Early readers are familiar with the concept of sight words because they are words that are presented separately from other words that build on phonics or sound-letter relationships. Sight words are on a separate list of words to learn because sight words do not follow the rules of letter-sound relationships in our language.
From a different perspective, sight words can also refer to the volume of words a person with a reading disability can recognize but cannot decode using phonics. There are a surprising number of people, adults and children, whose reading vocabulary is build strictly on the acquisition of sight words. For one reason or another they did not master the rules of phonics that present ways to "sound out" words as readers come across them.
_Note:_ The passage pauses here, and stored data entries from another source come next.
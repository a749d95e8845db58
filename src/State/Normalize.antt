-- ===== src/State/Normalize.antt =====
-- `Normalize` of internal/state/snapshot.go: router timers to times, addresses to opaque IDs.
pub mod Records
pub mod Total
use dhcp_lease_observer.Prelude.{
  ℕ, ◌-◌, ◌/◌, ◌^◌, Bool, true, ◌||◌, Option, List, [], ◌∷◌, Result, ok, ◌>>=◌, ◌>>◌, reject_if,
  wrap_err, pos, ltb_ℤ, sort_slice,
}
use dhcp_lease_observer.Text.{Bytes, bytes_less}
use dhcp_lease_observer.Clock.{Time, is_zero_time, utc, add_time, seconds, negate, nanoseconds}
use dhcp_lease_observer.Model.{LeaseRecord, LeaseSnapshot, SnapshotError, snapshot_validate}
use dhcp_lease_observer.Identity.{Generator, IdentityError, device_id, key_id}
use dhcp_lease_observer.State
use dhcp_lease_observer.State.{Snapshot, StateError, schema_version, validate}

-- `int64(^uint64(0)>>1) / int64(time.Second)`
abbrev pub max_lease_seconds : ℕ
max_lease_seconds = (2 ^ 63 - 1) / nanoseconds

pub data NormalizeError : Type 0 where
  source_invalid : SnapshotError → NormalizeError
  observation_empty timer_out_of_range : NormalizeError
  identity : IdentityError → NormalizeError
  state_invalid : StateError → NormalizeError

-- The order of `sort.Slice` on leases.
abbrev pub device_less : State.Lease → State.Lease → Bool
device_less a b = bytes_less a.device_id b.device_id

module _ (hmac : Bytes → Bytes → Bytes) (generator : Option Generator) where
  -- One round of the loop over the records.
  unfoldable pub normalize_record : Time → LeaseRecord → Result NormalizeError State.Lease
  normalize_record observed_at r = do
    reject_if
        (ltb_ℤ r.lease_time_seconds r.bound_time_seconds
          || ltb_ℤ (pos max_lease_seconds) r.lease_time_seconds)
        timer_out_of_range
    device ← wrap_err identity (device_id hmac generator r.hardware_address)
    let bound = add_time observed_at (negate (seconds r.bound_time_seconds))
    let expires = add_time bound (seconds r.lease_time_seconds)
    ok (record {
      device_id = device;
      ip = r.ip;
      assignment = r.assignment;
      state = r.state;
      profile = r.profile;
      bound_at = bound;
      expires_at = expires;
    })

  unfoldable pub normalize_records :
      Time → List LeaseRecord → Result NormalizeError (List State.Lease)
  unfolding normalize_record
  normalize_records observed_at [] = ok []
  normalize_records observed_at (r ∷ rs) = do
    l ← normalize_record observed_at r
    ls ← normalize_records observed_at rs
    ok (l ∷ ls)

  unfoldable pub normalize : LeaseSnapshot → Time → Result NormalizeError Snapshot
  normalize source observed_at = do
    wrap_err source_invalid (snapshot_validate source)
    reject_if (is_zero_time observed_at) observation_empty
    key ← wrap_err identity (key_id hmac generator)
    leases ← normalize_records (utc observed_at) source.leases.records
    let snapshot : Snapshot = record {
      version = schema_version;
      observed_at = utc observed_at;
      identity_key_id = key;
      arp_available = true;
      arp_failure_class = [];
      leases = sort_slice device_less leases;
    }
    wrap_err state_invalid (validate snapshot)
    ok snapshot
Children will learn to recognize common sight words early in their learning process. A good example of a sight word is the word "love". It does not follow the rules of vowel-consonant-silent e that would ordinarily give the o a long vowel sound. Therefore love has a different sound than words like cove, drove, stove. If love followed the rules of phonics, it would rhyme with cove, drove, and stove. It is an exception to the rules. Therefore, the word love is a sight word.
We learn some sight words incidentally or in the course of everyday life. Certain words are just recognized by their appearance which explains why young children or people from foreign countries who know little English can recognize and appear to "read" signs and advertisements.